- Opening Delimiter -
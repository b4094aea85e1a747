-- ===== src/Tests/QueueTests.antt =====
-- The theorems on the queue manager at small databases.
use distributed_verification.Prelude.{
  true, ◌⊎◌, ◌≡◌, refl, false, none, some, [], ◌∷◌, ◌++◌, arith, order_by,
}
use distributed_verification.Model.{RunStatus}
use distributed_verification.Queue.{acquire_lock, enqueue_run, release_resource}
use distributed_verification.Queue.Locks.{
  IsExclusive, stale, IsGranted, acquire_lock-available, acquire_lock-IsExclusive,
}
use distributed_verification.Queue.Refused.{IsTaken, acquire_lock-cases}
use distributed_verification.Queue.Release.{holder, release_resource-IsExclusive}
use distributed_verification.Queue.Fifo.{
  IsKeyed, waiting_runs, waiting_runs-enqueue_run, release_resource-serves,
}
use distributed_verification.Tests.Samples.{board, make_run, lock_of, contended, stale_holder}

contended-IsExclusive : IsExclusive contended
contended-IsExclusive r = ground arith

stale_holder-IsExclusive : IsExclusive stale_holder
stale_holder-IsExclusive r = ground arith

pub contended-IsKeyed : IsKeyed contended
contended-IsKeyed = record { unique = λ id. ground arith; below = λ id late. ground arith }

acquire_lock-cases_example :
    (IsTaken 1 contended
      × (acquire_lock 50 (make_run 3 RunStatus.pending none) board contended ≡ (false, contended)))
    ⊎ (¬ IsTaken 1 contended
        × ((acquire_lock 50 (make_run 3 RunStatus.pending none) board contended).0 ≡ true))
acquire_lock-cases_example =
    acquire_lock-cases 50 (make_run 3 RunStatus.pending none) board contended (omega arith)

acquire_lock-available_example :
    IsGranted
      (make_run 3 RunStatus.pending none)
      board
      (acquire_lock 50 (make_run 3 RunStatus.pending none) board stale_holder)
acquire_lock-available_example =
    acquire_lock-available 50 (make_run 3 RunStatus.pending none) board stale_holder (omega arith)
      (stale (lock_of 1) (make_run 1 RunStatus.completed (some 1)) refl refl refl)

acquire_lock-IsExclusive_example :
    IsExclusive (acquire_lock 50 (make_run 3 RunStatus.pending none) board stale_holder).1
acquire_lock-IsExclusive_example =
    acquire_lock-IsExclusive 50 (make_run 3 RunStatus.pending none) board stale_holder
      stale_holder-IsExclusive

release_resource-IsExclusive_example : IsExclusive (release_resource 50 board (some 1) contended).1
release_resource-IsExclusive_example =
    release_resource-IsExclusive 50 board contended contended-IsExclusive
      (holder (lock_of 1) refl refl)

waiting_runs-enqueue_run_example :
    waiting_runs 1 (enqueue_run (make_run 7 RunStatus.pending none) board contended).1
    ≡ waiting_runs 1 contended ++ 7 ∷ []
waiting_runs-enqueue_run_example =
    waiting_runs-enqueue_run (make_run 7 RunStatus.pending none) board contended

release_resource-serves_example :
    ((release_resource 50 board (some 1) contended).0 ≡ some 2)
    × (waiting_runs 1 (release_resource 50 board (some 1) contended).1 ≡ 3 ∷ [])
unfolding order_by
release_resource-serves_example =
    release_resource-serves 50 board (some 1) contended 2 (3 ∷ [])
      (make_run 2 RunStatus.queued none) contended-IsKeyed refl refl

-- The third request waits behind the two others.
enqueue_position : (enqueue_run (make_run 7 RunStatus.pending none) board contended).0.position ≡ 3
unfolding enqueue_run
enqueue_position = refl
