-- ===== src/Tests/ReportTests.antt =====
-- The theorems on the reports at small trees.
use distributed_verification.Prelude.{
  ◌≡◌, refl, ℕ, Option, none, some, List, [], ◌∷◌, Text, codes, get_or,
}
use distributed_verification.Reports.{
  Element, node, nil, cons, flat_map, generate_file_summary, merge_files, verdict_of,
}
use distributed_verification.Reports.Json.{JsonReport, json_from_junit, report_of}
use distributed_verification.Reports.Merge.{summary_tests, tests-merge_files}

abbrev failing : Element
failing =
    node (codes "testcase") ((codes "name", codes "t2") ∷ []) none
      (cons (node (codes "failure") ((codes "message", codes "no") ∷ []) none nil) nil)

-- A suite with a case that passes and one that fails.
abbrev suite : Element
suite =
    node (codes "testsuite") ((codes "name", codes "pytest") ∷ []) none
      (cons (node (codes "testcase") ((codes "name", codes "t1") ∷ []) none nil) (cons failing nil))

abbrev files : List (Option Element)
files = some (node (codes "testsuites") [] none (cons suite nil)) ∷ none ∷ some suite ∷ []

tests-merge_files_example :
    (generate_file_summary (merge_files files)).tests ≡ flat_map summary_tests files
tests-merge_files_example = tests-merge_files files refl

abbrev no_int : Text → Option ℕ
no_int t = none

abbrev report_in : Option JsonReport → JsonReport
report_in none = report_of []
report_in (some r) = r

made_report : JsonReport
unfolding json_from_junit
made_report = report_in (json_from_junit no_int suite)

made_lem : json_from_junit no_int suite ≡ some made_report
unfolding made_report get_or
made_lem = refl

failures : made_report.failed ≡ 1
unfolding made_report verdict_of get_or
failures = refl
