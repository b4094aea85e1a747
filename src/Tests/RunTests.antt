-- ===== src/Tests/RunTests.antt =====
-- The theorems on the life of a run at small databases.
use distributed_verification.Prelude.{
  ◌≡◌, refl, true, false, none, some, [], ◌∷◌, arith, codes, order_by,
}
use distributed_verification.Model.{RunStatus, Run}
use distributed_verification.Queue.{find_run}
use distributed_verification.Queue.Locks.{held}
use distributed_verification.Access.{ok}
use distributed_verification.Runner.Processes.{code, mem_id, cancel_run}
use distributed_verification.Runner.Capture.{finish_capture}
use distributed_verification.Runner.CliCapture.{finish_cli}
use distributed_verification.Runs.CancelCommand.{finish_cli_overwrites}
use distributed_verification.Runs.{
  release_of_run, mark_cancelled, Cancelled, cancel_run_endpoint, hand_on,
}
use distributed_verification.Runs.DoubleRelease.{IsContended}
use distributed_verification.Runs.CancelTwice.{cancel_then_finish_doubles}
use distributed_verification.Tests.Samples.{board, make_run, lock_of, contended, quiet}

-- Run 1 is cancelled at time 50.
cancelled_one : Cancelled
unfolding cancel_run_endpoint
cancelled_one = record {
  processes_killed = 0;
  next_run_id = (hand_on 50 1 (some 1) (mark_cancelled 50 1 contended)).0;
  db = (hand_on 50 1 (some 1) (mark_cancelled 50 1 contended)).1;
  runtime = (cancel_run 1 quiet).1;
}

cancelled_one_lem : cancel_run_endpoint 50 1 (codes "k1") contended quiet ≡ ok cancelled_one
unfolding cancelled_one cancel_run
cancelled_one_lem = refl

marked-IsContended : IsContended (mark_cancelled 50 1 contended) board 1 2 3 []
unfolding mark_cancelled order_by
marked-IsContended = record {
  lock = lock_of 1;
  found = refl;
  held_by = refl;
  single = refl;
  keyed = record { unique = λ id. ground arith; below = λ id late. ground arith };
  waits = refl;
  run_b = make_run 2 RunStatus.queued none;
  there_b = refl;
  run_c = make_run 3 RunStatus.queued none;
  there_c = refl;
  other = λ e. omega arith;
}

cancel_then_finish_doubles_example :
    (cancelled_one.next_run_id ≡ some 2)
    × ((release_of_run 60 1 cancelled_one.db).0 ≡ some 3)
    × (held 1 (release_of_run 60 1 cancelled_one.db).1 ≡ 2)
cancel_then_finish_doubles_example =
    cancel_then_finish_doubles 50 60 1 2 3 0 [] (codes "k1") contended quiet
      (make_run 1 RunStatus.running (some 1)) board cancelled_one cancelled_one_lem refl refl refl
      marked-IsContended

-- The process of run 1 ends with code 0 while the run is cancelled.
finish_cli_overwrites_example :
    let (after, rt') =
      finish_cli 60 1 false [] (some (code 0)) (cancelled_one.db, cancelled_one.runtime) in
    let (tested, _) =
      finish_capture 60 1 (some (code 0) ∷ []) (cancelled_one.db, cancelled_one.runtime) in
    (run : Run) × (find_run 1 after ≡ some run)
    × (run.status ≡ RunStatus.completed)
    × (mem_id 1 rt'.cancelled ≡ true)
    × (other : Run) × (find_run 1 tested ≡ some other)
    × (other.status ≡ RunStatus.cancelled)
finish_cli_overwrites_example =
    finish_cli_overwrites 50 60 1 0 false [] (codes "k1") contended quiet cancelled_one
      cancelled_one_lem
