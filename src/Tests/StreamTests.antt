-- ===== src/Tests/StreamTests.antt =====
-- The theorems on the websocket of a log at a small database.
use distributed_verification.Prelude.{◌≡◌, refl, none, some, List, [], ◌∷◌, ◌++◌, map, codes, arith}
use distributed_verification.Model.{RunStatus, LogEntry, Db}
use distributed_verification.Streaming.{
  Message, done, polling, checking, closed, Stream, to_data, advance, turns, opened, turn,
  StreamReach, here, next,
}
use distributed_verification.Streaming.Batches.{log_of, received}
use distributed_verification.Streaming.Cut.{IsKeyed}
use distributed_verification.Streaming.Prefix.{stream_sends_prefix, stream_ends}
use distributed_verification.Tests.Samples.{make_run, stale_holder}

-- Run 1 has ended, and has two log entries.
abbrev logged : Db
logged = record stale_holder {
  logs =
      record {
        id = 5;
        run_id = 1;
        client_id = some 1;
        level = codes "INFO";
        source = codes "session";
        message = codes "a";
      }
      ∷ record {
        id = 6;
        run_id = 1;
        client_id = some 1;
        level = codes "PASS";
        source = codes "t";
        message = codes "b";
      }
      ∷ [];
}

-- The stream behind its first query.
abbrev queried : Stream
queried = advance 1 logged polling opened

queried-StreamReach : StreamReach 1 (logged, opened) (logged, queried)
queried-StreamReach = next here (turn logged opened)

logged-IsKeyed : IsKeyed logged
logged-IsKeyed = record {
  sorted = ((omega arith, tt), (tt, tt));
  below = (omega arith, (omega arith, tt));
}

stream_sends_prefix_example :
    (before : List LogEntry) × (behind : List LogEntry) × (log_of 1 logged ≡ before ++ behind)
    × (received queried.sent ≡ map to_data before)
stream_sends_prefix_example =
    stream_sends_prefix 1 logged logged queried logged-IsKeyed (omega arith, (omega arith, tt))
      (omega arith) queried-StreamReach

queried_checks : queried.phase ≡ checking
unfolding advance
queried_checks = refl

stream_ends_example :
    (sent : List Message) × ((turns 1 3 logged queried).sent
      ≡ sent ++ done none RunStatus.completed ∷ [])
    × (received sent ≡ map to_data (log_of 1 logged))
    × ((turns 1 3 logged queried).phase ≡ closed)
stream_ends_example =
    stream_ends 1 logged logged queried (make_run 1 RunStatus.completed (some 1)) logged-IsKeyed
      (omega arith, (omega arith, tt)) (omega arith) queried-StreamReach queried_checks refl refl
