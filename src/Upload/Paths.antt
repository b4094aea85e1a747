-- ===== src/Upload/Paths.antt =====
-- Where the files of a flattened archive go.
use mathlib.Core.Path.{subst}
use distributed_verification.Prelude.{
  codes, ◌==◌, any, select, All-select, All-append, ℕ, zero, suc, ◌*◌, ◌≡◌, refl, ap, ◌∙◌, ◌≢◌, inl,
  inr, true, false, not, ◌&&◌, List, [], ◌∷◌, ◌++◌, map, arith, Text, text_eq, starts_with,
  contains, ltb, Bool-cases, length, drop, all, All,
}
use distributed_verification.Access.{ok, >>=-eq-ok, require, bad_request}
use distributed_verification.Upload.{
  ZipInfo, slash, dots, ends_with_slash, is_accepted, top_part, add_text, top_dirs, archive_dirs,
  join, flatten, write_all, extract,
}

contains-drop :
    (needle : Text) (n : ℕ) (t : Text)
    → contains needle t ≡ false
    → contains needle (drop n t) ≡ false
contains-drop needle zero t h = h
contains-drop needle (suc n) [] h = h
contains-drop needle (suc n) (c ∷ t) h = contains-drop needle n t (ground arith)

-- A path lies below the directory: what follows it is no absolute path and has no "..".
pub record IsBelow (dir path : Text) : Type 0 where
  pub name : Text
  pub below : path ≡ dir ++ b'/' ∷ name
  pub relative : starts_with slash name ≡ false
  pub plain : contains dots name ≡ false

-- Behind the top directory and its slash stands no second slash.
drop-relative :
    (top n : Text)
    → starts_with (top ++ slash) n ≡ true
    → contains (codes "//") n ≡ false
    → starts_with slash (drop (length (top ++ slash)) n) ≡ false
drop-relative [] [] h k = cc
drop-relative [] (c ∷ []) h k = refl
drop-relative [] (c ∷ d ∷ t) h k = ground arith
drop-relative (x ∷ top) [] h k = cc
drop-relative (x ∷ top) (c ∷ t) h k = ground (arith, drop-relative top t)

join-below :
    (dir name : Text)
    → text_eq name [] ≡ false
    → starts_with slash name ≡ false
    → join dir name ≡ dir ++ b'/' ∷ name
join-below dir [] h k = cc
join-below dir (c ∷ name) h k = let other : (c == b'/') ≡ false = ground arith in rw other refl

flatten-IsBelow :
    (dir top : Text) (names : List Text)
    → All (λ n. contains dots n ≡ false) names
    → All (λ n. contains (codes "//") n ≡ false) names
    → All (IsBelow dir) (map (join dir) (flatten (top ++ slash) names))
unfolding flatten
flatten-IsBelow dir top [] h k = tt
flatten-IsBelow dir top (n ∷ names) h k =
    let target = drop (length (top ++ slash)) n in
    elim (Bool-cases (starts_with (top ++ slash) n && not (text_eq target []))) [
      | inr e ↦ rw e (flatten-IsBelow dir top names h.1 k.1)
      | inl e ↦
          let relative = drop-relative top n (ground arith) k.0 in
          rw e (
            record {
              name = target;
              below = join-below dir target (ground arith) relative;
              relative = relative;
              plain = contains-drop dots (length (top ++ slash)) n h.0;
            },
            flatten-IsBelow dir top names h.1 k.1,
          )
    ]

accepted_names :
    (max_upload_size : ℕ) (infos : List ZipInfo)
    → all (is_accepted max_upload_size) infos ≡ true
    → All (λ n. contains dots n ≡ false) (map (λ i. i.filename) infos)
accepted_names max_upload_size [] h = tt
accepted_names max_upload_size (i ∷ infos) h =
    (ground arith, accepted_names max_upload_size infos (ground arith))

accepted-relative :
    (max_upload_size : ℕ) (infos : List ZipInfo)
    → all (is_accepted max_upload_size) infos ≡ true
    → All (λ n. starts_with slash n ≡ false) (map (λ i. i.filename) infos)
accepted-relative max_upload_size [] h = tt
accepted-relative max_upload_size (i ∷ infos) h =
    (ground arith, accepted-relative max_upload_size infos (ground arith))

-- The top directories of paths that are not absolute have names.
abbrev IsNonempty : Text → Type 0
IsNonempty t = text_eq t [] ≡ false

top_part-IsNonempty :
    (entry : Text)
    → contains slash entry ≡ true
    → starts_with slash entry ≡ false
    → IsNonempty (top_part entry)
unfolding top_part
top_part-IsNonempty [] h k = cc
top_part-IsNonempty (c ∷ t) h k = let other : (c == b'/') ≡ false = ground arith in rw other refl

add_text-IsNonempty :
    (t : Text) (acc : List Text)
    → IsNonempty t
    → All IsNonempty acc
    → All IsNonempty (add_text t acc)
add_text-IsNonempty t acc h k = elim (Bool-cases (any (λ u. text_eq u t) acc)) [
  | inl e ↦ rw e k
  | inr e ↦ rw e (All-append IsNonempty acc (t ∷ []) k (h, tt))
]

top_dirs-IsNonempty :
    (acc entries : List Text)
    → All IsNonempty acc
    → All (λ n. starts_with slash n ≡ false) entries
    → All IsNonempty (top_dirs acc entries)
unfolding top_dirs
top_dirs-IsNonempty acc [] h k = h
top_dirs-IsNonempty acc (entry ∷ entries) h k = elim (Bool-cases (contains slash entry)) [
  | inr e ↦ rw e tt
  | inl e ↦ rw e (
      top_dirs-IsNonempty (add_text (top_part entry) acc) entries
        (add_text-IsNonempty (top_part entry) acc (top_part-IsNonempty entry e k.0) h) k.1)
]

ends_with_slash-append :
    (s : Text) (c : ℕ) (t : Text) → ends_with_slash (s ++ c ∷ t) ≡ ends_with_slash (c ∷ t)
ends_with_slash-append [] c t = refl
ends_with_slash-append (x ∷ []) c t = refl
ends_with_slash-append (x ∷ y ∷ s) c t = ends_with_slash-append (y ∷ s) c t

contains-slash-append : (s t : Text) → contains slash (s ++ b'/' ∷ t) ≡ true
contains-slash-append [] t = refl
contains-slash-append (c ∷ s) t = ground (arith, contains-slash-append s t)

top_part-append : (s t : Text) → contains slash s ≡ false → top_part (s ++ b'/' ∷ t) ≡ s
unfolding top_part
top_part-append [] t h = refl
top_part-append (c ∷ s) t h = ground (arith, top_part-append s t)

starts_with-slash-append :
    (s t : Text) → s ≢ [] → contains slash s ≡ false → starts_with slash (s ++ t) ≡ false
starts_with-slash-append [] t some_top h = absurd (some_top refl)
starts_with-slash-append (c ∷ s) t some_top h = ground arith

starts_with-snoc : (s : Text) (c : ℕ) (t : Text) → starts_with (s ++ c ∷ []) (s ++ c ∷ t) ≡ true
starts_with-snoc [] c t = ground arith
starts_with-snoc (x ∷ s) c t = ground (arith, starts_with-snoc s c t)

drop-snoc : (s : Text) (c : ℕ) (t : Text) → drop (length (s ++ c ∷ [])) (s ++ c ∷ t) ≡ t
drop-snoc [] c t = refl
drop-snoc (x ∷ s) c t = drop-snoc s c t

-- An archive of one entry, by what is known of its name.
dirs_of_one :
    (name top : Text) (size : ℕ)
    → ends_with_slash name ≡ false
    → contains slash name ≡ true
    → top_part name ≡ top
    → archive_dirs (record { filename = name; file_size = size } ∷ []) ≡ top ∷ []
unfolding archive_dirs
dirs_of_one name top size file deep e = ground arith

flatten_one :
    (wrapper name target : Text)
    → starts_with wrapper name ≡ true
    → drop (length wrapper) name ≡ target
    → text_eq target [] ≡ false
    → flatten wrapper (name ∷ []) ≡ target ∷ []
unfolding flatten
flatten_one wrapper name target below e some_target = ground arith

accepted_one :
    (max_upload_size : ℕ) (name : Text) (size : ℕ)
    → starts_with slash name ≡ false
    → contains dots name ≡ false
    → ltb (max_upload_size * 3) size ≡ false
    → all (is_accepted max_upload_size) (record { filename = name; file_size = size } ∷ []) ≡ true
accepted_one max_upload_size name size a b c = ground arith

not_empty : (t : Text) → t ≡ [] → IsNonempty t → ⊥
not_empty [] e h = cc
not_empty (c ∷ t) e h = cc

module _ (extractall : Text → List ZipInfo → List Text) (max_upload_size : ℕ) (dir : Text) where
  accepted_all :
      (infos : List ZipInfo) {u : Unit {0}}
      → require (all (is_accepted max_upload_size) infos) bad_request ≡ ok u
      → all (is_accepted max_upload_size) infos ≡ true
  accepted_all infos h = ground arith

  -- An archive with one top directory that is accepted, and has no entry with "//" in its name, is
  -- written only to paths below the upload directory, and its top directory has a name.
  pub extract-IsBelow :
      (infos : List ZipInfo) (top : Text) (paths : List Text)
      → archive_dirs infos ≡ top ∷ []
      → All (λ n. contains (codes "//") n ≡ false) (map (λ i. i.filename) infos)
      → extract extractall max_upload_size dir infos ≡ ok paths
      → (top ≢ []) × All (IsBelow dir) paths
  unfolding extract write_all archive_dirs
  extract-IsBelow infos top paths one single e =
      let (_, passed, e₁) =
        >>=-eq-ok (require (all (is_accepted max_upload_size) infos) bad_request) _ e in
      let names = map (λ (i : ZipInfo). i.filename) infos in
      let accepted = accepted_all infos passed in
      let written : write_all extractall dir infos (top ∷ []) ≡ paths = cc in
      let tops = top_dirs-IsNonempty [] (select (λ n. not (ends_with_slash n)) names) tt (
        All-select (λ n. starts_with slash n ≡ false) (λ n. not (ends_with_slash n)) names
          (accepted-relative max_upload_size infos accepted)) in
      let named_top : All IsNonempty (top ∷ []) = subst (All IsNonempty) one tops in
      (
        λ empty. not_empty top empty named_top.0,
        subst (All (IsBelow dir)) written
            (flatten-IsBelow dir top names (accepted_names max_upload_size infos accepted) single),
      )

  extract_one :
      (infos : List ZipInfo) (top : Text) (targets : List Text)
      → all (is_accepted max_upload_size) infos ≡ true
      → archive_dirs infos ≡ top ∷ []
      → flatten (top ++ slash) (map (λ i. i.filename) infos) ≡ targets
      → extract extractall max_upload_size dir infos ≡ ok (map (join dir) targets)
  unfolding extract write_all
  extract_one infos top targets accepted one e =
      rw accepted (ap ok (ap (write_all extractall dir infos) one ∙ ap (map (join dir)) e))

  -- An archive whose only entry has an empty part after its top directory, as in "top//etc/x", is
  -- accepted, and written to the absolute path behind it.
  pub extract_escapes :
      (top rest : Text) (size : ℕ)
      → top ≢ []
      → contains slash top ≡ false
      → contains dots (top ++ b'/' ∷ b'/' ∷ rest) ≡ false
      → ends_with_slash (b'/' ∷ rest) ≡ false
      → ltb (max_upload_size * 3) size ≡ false
      → extract extractall max_upload_size dir
          (record { filename = top ++ b'/' ∷ b'/' ∷ rest; file_size = size } ∷ [])
        ≡ ok ((b'/' ∷ rest) ∷ [])
  extract_escapes top rest size some_top no_slash no_dots no_dir fits =
      let name = top ++ b'/' ∷ b'/' ∷ rest in
      let info : ZipInfo = record { filename = name; file_size = size } in
      extract_one (info ∷ []) top ((b'/' ∷ rest) ∷ [])
        (accepted_one max_upload_size name size
          (starts_with-slash-append top (b'/' ∷ b'/' ∷ rest) some_top no_slash) no_dots fits)
        (dirs_of_one name top size (ends_with_slash-append top b'/' (b'/' ∷ rest) ∙ no_dir)
          (contains-slash-append top (b'/' ∷ rest)) (top_part-append top (b'/' ∷ rest) no_slash))
        (flatten_one (top ++ slash) name (b'/' ∷ rest) (starts_with-snoc top b'/' (b'/' ∷ rest))
          (drop-snoc top b'/' (b'/' ∷ rest)) refl)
- Closing Delimiter -
● ACTION ITEM
Search the entries for the word "abbrev". Copy every line where it occurs.

● YOUR RESPONSE
abbrev failing : Element
abbrev suite : Element
abbrev files : List (Option Element)
abbrev no_int : Text → Option ℕ
abbrev report_in : Option JsonReport → JsonReport
abbrev logged : Db
abbrev queried : Stream
abbrev IsNonempty : Text → Type 0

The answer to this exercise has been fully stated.